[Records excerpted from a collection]
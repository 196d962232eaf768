-- ===== src/Examples/Data.antt =====
-- The inputs of the tests.
use software_engineering_age.Prelude.{ℕ, zero, suc, String, false, none, some, [], ◌∷◌}
use software_engineering_age.Domain.{TaskStatus, RepositorySpec, TaskCreate, agent_step}
use software_engineering_age.Effects.{pure}
use software_engineering_age.Models.{TaskRow, SessionRow, EventRow, World, Metrics}
use software_engineering_age.Security.{UrlLibrary}
use software_engineering_age.Orchestrator.{Settings}
use software_engineering_age.Orchestrator.Execute.{Services}
use software_engineering_age.Runtime.Workspace.{Workspace}

-- a lookup that serves the tests
abbrev pub urls : UrlLibrary
urls = record {
  malformed = λ u. none;
  scheme = λ u. "https";
  hostname = λ u. some "github.com";
  lower = λ s. s;
}

abbrev pub settings : Settings
settings = record {
  urls = urls;
  repo_hosts = "github.com" ∷ [];
  provider_name = "LocalEnvironmentProvider";
}

abbrev pub strict : Settings
strict = record settings { repo_hosts = "git.example" ∷ [] }

abbrev pub repository : RepositorySpec
repository = record { url = "https://github.com/o/r.git"; base_branch = "main"; name = none }

abbrev pub request : TaskCreate
request = record {
  instruction = "fix it";
  repositories = repository ∷ [];
  user_id = "u";
  publish_pr = false;
}

abbrev pub uuids : ℕ → String
uuids zero = "0"
uuids (suc zero) = "1"
uuids _ = "2"

abbrev pub metrics : Metrics
metrics = record { submitted = 0; completed = 0; failed = 0; running = 0; allocations = 0 }

abbrev pub world : World
world = record {
  tasks = [];
  sessions = [];
  events = [];
  leases = [];
  now = 7;
  uuid4 = uuids;
  drawn = 0;
  bus = record { redis = false; channel = []; subscribers = [] };
  queue = [];
  running = [];
  cancel_requested = [];
  stopping = false;
  metrics = metrics;
}

abbrev pub task : TaskStatus → TaskRow
task status = record {
  id = "task_a";
  session_id = "session_a";
  environment_id = none;
  user_id = "u";
  instruction = "fix it";
  status = status;
  repositories = repository ∷ [];
  publish_pr = false;
  version = 3;
  error = none;
  result = none;
  created_at = 1;
  updated_at = 2;
}

abbrev pub session : ℕ → SessionRow
session last = record {
  id = "session_a";
  task_id = "task_a";
  summary = "";
  current_plan = [];
  active_constraints = [];
  active_skills = [];
  last_event_sequence = last;
  created_at = 1;
  updated_at = 2;
}

abbrev pub event : ℕ → EventRow
event n = record {
  id = "evt";
  task_id = "task_a";
  session_id = "session_a";
  sequence = n;
  type = agent_step;
  payload = [];
  created_at = 3;
}

-- one task, with a log of two events
abbrev pub busy : TaskStatus → World
busy status = record world {
  tasks = task status ∷ [];
  sessions = session 2 ∷ [];
  events = event 1 ∷ event 2 ∷ [];
}

abbrev pub workspace : Workspace
workspace = record {
  environment_id = "env_1";
  root = "/w/env_1";
  repositories = ("r", "/w/env_1/r") ∷ [];
  container_name = none;
  container_workspace_root = none;
  slot_id = none;
}

-- services that succeed at once
abbrev pub services : Services
services = record {
  provider_name = "LocalEnvironmentProvider";
  attach = λ id specs. pure none;
  allocate = λ id specs. pure workspace;
  release = λ ws destroy. pure tt;
  ensure_index = λ path. pure (record { head = "abc"; parsed_files = 1; reused_files = 0 });
  run_agent = λ ws view. pure [];
  publish = λ ws id instruction specs. pure [];
}
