-- ===== src/Examples/Control.antt =====
-- The properties of the control plane at concrete inputs.
use software_engineering_age.Prelude.{
  String, ◌==◌, if◌then◌else◌, ◌↔◌, ◌≡◌, refl, inl, ◌⊎◌, false, some, List, [], ◌∷◌, map, contains,
}
use software_engineering_age.Domain.{
  TaskStatus, TaskView, created, queued, running, completed, task_created, task_queued,
}
use software_engineering_age.Effects.{ok, err, invalid_state_transition, authorization_error}
use software_engineering_age.Effects.Rules.{respects_rules}
use software_engineering_age.Lifecycle.{validate_transition}
use software_engineering_age.Lifecycle.Documented.{
  Documented, Undocumented, validate_transition-Documented,
}
use software_engineering_age.Lifecycle.Traces.{follow, Visits, completed-Visits}
use software_engineering_age.Table.{find}
use software_engineering_age.Models.{TaskRow, World, WorkItem}
use software_engineering_age.Security.{authorize_repositories}
use software_engineering_age.Effects.{◌>>=◌}
use software_engineering_age.Repositories.Tasks.{
  task_key, no_changes, transition, claim_transition, commit_transition, Claim, task_values,
}
use software_engineering_age.Repositories.Tasks.Moved.{outcome_of, row_after, transition-moved}
use software_engineering_age.Repositories.Tasks.Race.{one_writer_wins}
use software_engineering_age.Events.Log.{events_of, IsNumbered}
use software_engineering_age.Orchestrator.{cancel}
use software_engineering_age.Orchestrator
use software_engineering_age.Orchestrator.Admission.{IsReady, submit_refused, submit_lem}
use software_engineering_age.Orchestrator.Evolution.{Evolves, Evolves_order}
use software_engineering_age.Orchestrator.Evolution.Parts.{IsTame}
use software_engineering_age.Orchestrator.Safety.{
  Request, working, serve, serve-Evolves, final_status_stays,
}
use software_engineering_age.Orchestrator.Worker.{worker_round, run_item}
use software_engineering_age.Orchestrator.Outcomes.{
  cancel_created, run_item_clears, worker_round_duplicate,
}
use software_engineering_age.Examples.Data.{settings, strict, request, world, task, busy, services}

validate_transition-Documented_example : (validate_transition created queued ≡ ok tt) ↔ (
    (queued ≡ created)
    ⊎ ((Documented created queued × ¬ ((created ≡ created) × (queued ≡ TaskStatus.cancelling)))
        ⊎ Undocumented created queued))
validate_transition-Documented_example = validate_transition-Documented created queued

abbrev whole_life : List TaskStatus
whole_life = completed ∷ queued ∷ TaskStatus.provisioning ∷ running ∷ completed ∷ []

completed-Visits_example :
    Visits queued whole_life × Visits TaskStatus.provisioning whole_life × Visits running whole_life
completed-Visits_example = completed-Visits whole_life (unfold follow validate_transition in refl)

transition-moved_example :
    ((transition "task_a" TaskStatus.provisioning no_changes (busy queued)).0
      ≡ outcome_of (some (task queued)) "task_a" TaskStatus.provisioning no_changes 7)
    × ((k : String)
        → find task_key k
            (transition "task_a" TaskStatus.provisioning no_changes (busy queued)).1.tasks
          ≡ (if "task_a" == k
              then row_after (some (task queued)) TaskStatus.provisioning no_changes 7
              else find task_key k (busy queued).tasks))
    × ((transition "task_a" TaskStatus.provisioning no_changes (busy queued)).1
        ≡ record (busy queued) {
          tasks = (transition "task_a" TaskStatus.provisioning no_changes (busy queued)).1.tasks;
        })
unfolding find
transition-moved_example =
    transition-moved "task_a" TaskStatus.provisioning no_changes (busy queued) (refl, tt)

abbrev to_provision : Claim
to_provision = record {
  expected_version = 3;
  values = task_values (task queued) TaskStatus.provisioning no_changes 7;
}

abbrev to_cancel : Claim
to_cancel = record {
  expected_version = 3;
  values = task_values (task queued) TaskStatus.cancelling no_changes 7;
}

one_writer_wins_example :
    let (r, w') = commit_transition "task_a" to_provision (busy queued) in
    ((v : TaskView) × (r ≡ ok v) × (v.status ≡ TaskStatus.provisioning))
    × (commit_transition "task_a" to_cancel w'
        ≡ (err (invalid_state_transition "task changed concurrently; retry from fresh state"), w'))
unfolding find claim_transition validate_transition ◌>>=◌
one_writer_wins_example =
    one_writer_wins "task_a" TaskStatus.provisioning TaskStatus.cancelling no_changes no_changes
      (busy queued) to_provision to_cancel (refl, tt) refl refl

submit_refused_test : Orchestrator.submit strict request world ≡ (
  err (authorization_error "repository host 'github.com' is not in MINION_ALLOWED_REPO_HOSTS"),
  world,
)
unfolding authorize_repositories
submit_refused_test =
    submit_refused strict request world
      (authorization_error "repository host 'github.com' is not in MINION_ALLOWED_REPO_HOSTS") refl

world-IsReady : IsReady world
unfolding find
world-IsReady = record { keyed = tt; new_task = refl; new_session = refl; no_events = refl }

submit_lem_example :
    let (r, w') = Orchestrator.submit settings request world in
    ((view : TaskView) × (r ≡ ok view) × (view.id ≡ "task_0") × (view.status ≡ queued))
    × ((row : TaskRow) × (find task_key "task_0" w'.tasks ≡ some row)
        × (row.status ≡ queued)
        × (row.instruction ≡ "fix it"))
    × (map (λ e. e.type) (events_of "task_0" w'.events) ≡ task_created ∷ task_queued ∷ [])
    × IsNumbered 0 (events_of "task_0" w'.events)
    × (map (λ i. i.task_id) w'.queue ≡ "task_0" ∷ [])
unfolding authorize_repositories
submit_lem_example = submit_lem settings request world world-IsReady refl

pub services-IsTame : IsTame services
services-IsTame = record {
  attach = λ id specs. search (respects_rules, Evolves_order);
  allocate = λ id specs. search (respects_rules, Evolves_order);
  release = λ ws destroy. search (respects_rules, Evolves_order);
  ensure_index = λ path. search (respects_rules, Evolves_order);
  run_agent = λ ws view. search (respects_rules, Evolves_order);
  publish = λ ws id instruction specs. search (respects_rules, Evolves_order);
}

serve-Evolves_example :
    Evolves
      (busy queued)
      (serve settings services (working ∷ Request.cancelling "task_a" ∷ []) (busy queued))
serve-Evolves_example =
    serve-Evolves settings services services-IsTame (working ∷ Request.cancelling "task_a" ∷ [])
      (busy queued)

final_status_stays_example :
    (row : TaskRow) × (find task_key "task_a"
        (serve settings services (Request.retrying "task_a" ∷ []) (busy completed)).tasks
      ≡ some row)
    × (row.status ≡ completed)
unfolding find
final_status_stays_example =
    final_status_stays settings services services-IsTame (Request.retrying "task_a" ∷ [])
      (busy completed) "task_a" (task completed) (refl, tt) refl (inl refl)

cancel_created_example : cancel "task_a" (busy created) ≡ (
  err (invalid_state_transition "cannot transition task from created to cancelling"),
  busy created,
)
unfolding find
cancel_created_example = cancel_created "task_a" (busy created) (task created) (refl, tt) refl refl

abbrev item : WorkItem
item = record { task_id = "task_a"; receipt = "1" }

abbrev redelivered : World
redelivered = record (busy running) { queue = item ∷ []; running = "task_a" ∷ [] }

run_item_clears_example :
    contains "task_a" (run_item services item (busy completed)).1.running ≡ false
run_item_clears_example = run_item_clears services item (busy completed)

worker_round_duplicate_test :
    worker_round services redelivered ≡ (ok tt, record redelivered { queue = [] })
worker_round_duplicate_test = worker_round_duplicate services item [] redelivered refl refl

Task directions: Each line that holds the word "Effects" should be extracted from the records.

Result for this exercise:
use software_engineering_age.Effects.{pure}
use software_engineering_age.Effects.{ok, err, invalid_state_transition, authorization_error}
use software_engineering_age.Effects.Rules.{respects_rules}
use software_engineering_age.Effects.{◌>>=◌}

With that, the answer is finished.